[Python-Dev] Python and the Unicode Character Database

Alexander Belopolsky alexander.belopolsky at gmail.com
Thu Dec 2 19:14:29 CET 2010


On Thu, Dec 2, 2010 at 11:56 AM, Antoine Pitrou <solipsis at pitrou.net> wrote:
> Le jeudi 02 décembre 2010 à 11:41 -0500, Alexander Belopolsky a écrit :
>>
>> Note that my point is not to find the correct answer here, but to
>> demonstrate that we as a group don't have the expertise to get parsing
>> of Arabic text right.
>
> I don't understand why you think Arabic or Hebrew text is any different
> from Western text.

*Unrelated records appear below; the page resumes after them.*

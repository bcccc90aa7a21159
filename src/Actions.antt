-- ===== src/Actions.antt =====
-- pkg/resources/k8s_actions.go: the calls that change the cluster, and the errors they give. The state
-- of the cluster is `W`, which each call changes.
pub mod Outcomes
use activemq_artemis_operato.Base.{
  ℕ, String, Bool, true, false, ◌&&◌, Option, none, some, List, [], ◌∷◌, ◌==◌, ◌=?◌, concat,
  if◌then◌else◌,
}
use activemq_artemis_operato.Errors.{Error, plain, error_text}
use activemq_artemis_operato.Api.{BrokerApp, BrokerService, BrokerSpec, BrokerStatus}

-- `metav1.OwnerReference`, which always controls its object here.
pub record OwnerReference : Type 0 where
  pub api_version : String
  pub kind : String
  pub uid : String
  pub name : String

-- What the controllers write and read of an object that is not a secret: the spec and the status of a
-- broker, or the selector and the address of a service.
pub data Detail : Type 0 where
  no_detail : Detail
  broker_detail : BrokerSpec → BrokerStatus → Detail
  service_detail : (selector : List (String × String)) (cluster_ip : String) → Detail

-- `client.Object`, with the type that `reflect` prints, and the data of a secret.
pub record Object : Type 0 where
  pub type : String
  pub name : String
  pub namespace : String
  pub owner_references : List OwnerReference
  pub annotations : List (String × String)
  pub content : List (String × String)
  pub detail : Detail

-- An error of the client: a `StatusError`, or any other.
pub data ClientError : Type 0 where
  status_error : (status : String) (code : ℕ) (reason message : String) → ClientError
  other_error : String → ClientError

unfoldable pub client_error_text : ClientError → String
client_error_text (status_error status code reason message) = message
client_error_text (other_error message) = message

-- The writes of controller-runtime's client, each with the cluster after it.
pub record Client (W : Type 0) : Type 0 where
  pub create : W → Object → W × Option ClientError
  pub update : W → Object → W × Option ClientError
  pub delete : W → Object → W × Option ClientError
  pub update_status : W → BrokerApp → W × Option ClientError
  pub update_service_status : W → BrokerService → W × Option ClientError

-- What a call returns: the cluster after it, and an error or nil.
abbrev pub Done : Type 0 → Type 0
Done W = W × Option Error

abbrev failure : String → String → String → Error
failure action type message = plain (concat (action ∷ type ∷ ", " ∷ message ∷ []))

unfoldable pub set_owner_and_controller : OwnerReference → Object → Object
set_owner_and_controller owner o = record o { owner_references = owner ∷ [] }

-- `http.StatusUnprocessableEntity` with the reason `Invalid`.
abbrev pub is_invalid_update : String → ℕ → String → Bool
is_invalid_update status code reason = status == "Failure" && code =? 422 && reason == "Invalid"

-- `http.StatusConflict` with the reason `Conflict`.
abbrev pub is_conflict : String → ℕ → String → Bool
is_conflict status code reason = status == "Failure" && code =? 409 && reason == "Conflict"

module _ {W : Type 0} (client : Client W) where
  abbrev pub wrapped : String → String → W × Option ClientError → Done W
  wrapped action type (w, none) = (w, none)
  wrapped action type (w, some e) = (w, some (failure action type (client_error_text e)))

  unfoldable pub create : OwnerReference → W → Object → Done W
  create owner w o =
      wrapped "failed to create new " o.type (client.create w (set_owner_and_controller owner o))

  unfoldable pub delete : W → Object → Done W
  delete w o = wrapped "failed to delete " o.type (client.delete w o)

  -- The error of the deletion, if any, is wrapped as one of the update.
  unfoldable pub after_delete : Object → Done W → Done W
  after_delete o (w, none) = (w, none)
  after_delete o (w, some e) = (w, some (failure "failed to update " o.type (error_text e)))

  -- An update that is invalid deletes the object, which is then created anew by a later reconcile.
  unfoldable pub after_update : Object → W × Option ClientError → Done W
  after_update o (w, none) = (w, none)
  after_update o (w, some (other_error message)) =
      (w, some (failure "failed to update " o.type message))
  after_update o (w, some (status_error status code reason message)) =
      let deleted = after_delete o (delete w o) in
      if is_invalid_update status code reason
      then deleted
      else if is_conflict status code reason
      then (
        w,
        some (
            failure "failed to update " o.type
              (concat ("failed to update " ∷ o.type ∷ " due to conflict" ∷ []))),
      )
      else (w, some (failure "failed to update " o.type message))

  unfoldable pub update : W → Object → Done W
  update w o = after_update o (client.update w o)

  unfoldable pub update_status : W → BrokerApp → W × Option ClientError
  update_status w app = client.update_status w app

  unfoldable pub update_service_status : W → BrokerService → W × Option ClientError
  update_service_status w service = client.update_service_status w service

Surely right-to-left isn't more conceptually
> complicated than left-to-right, is it?
>

No, but a mix of LTR and RTL is certainly more difficult that either
of the two.  I invite you to digest Unicode Standard Annex #9 before
we continue this discussion.

See <http://unicode.org/reports/tr9/>.


> The fact that mixed rtl + ltr can render bizarrely or is awkward to cut
> and paste is quite off-topic for our discussion.
>

No, it is not.  One of the invented use cases in this thread was naive
users' desire to enter numbers using their preferred local decimals.
Same users may want to be able to cut and paste their decimals as
well.  More importantly, however, legacy formats may not have support
for mixed-direction text and may require that "John is 41" be stored
as "41 si nhoJ" and Unicode converter would turn it into "[RTL]John is
14"  that will still display as  "41 si nhoJ", but int(s[-2:]) will
return 14, not 41.

>> If we've got it right for Arabic, it is by
>> chance and not by design.  This still leaves us with 41 other types of
>> digits for at least 30 different languages.
>
> So why do you trust the Unicode standard on other things and not on this
> one?

What other things? As far as I understand the only str method that was
designed to comply with Unicode recomendations was str.isidentifier().
 And we have some really bizarre results:


>>> '\u2164'.isidentifier()
True
>>> '\u2164'.isalpha()
False

and can you describe the difference between str.isdigit() and
str.isdecimal()?  According to the reference manual,

"""
str.isdecimal()
Return true if all characters in the string are decimal characters and
there is at least one character, false otherwise. Decimal characters
include digit characters, and all characters that that can be used to
form decimal-radix numbers, e.g. U+0660, ARABIC-INDIC DIGIT ZERO.

str.isdigit()
Return true if all characters in the string are digits and there is at
least one character, false otherwise.
""" http://docs.python.org/dev/library/stdtypes.html#str.isdecimal

Since U+0660 is mentioned in the first definition and not in the
second, I may conclude that it is not a digit, but

>>> '\u0660'.isdigit()
True

If you know the correct answer, please contribute it here:
<http://bugs.python.org/issue10587>.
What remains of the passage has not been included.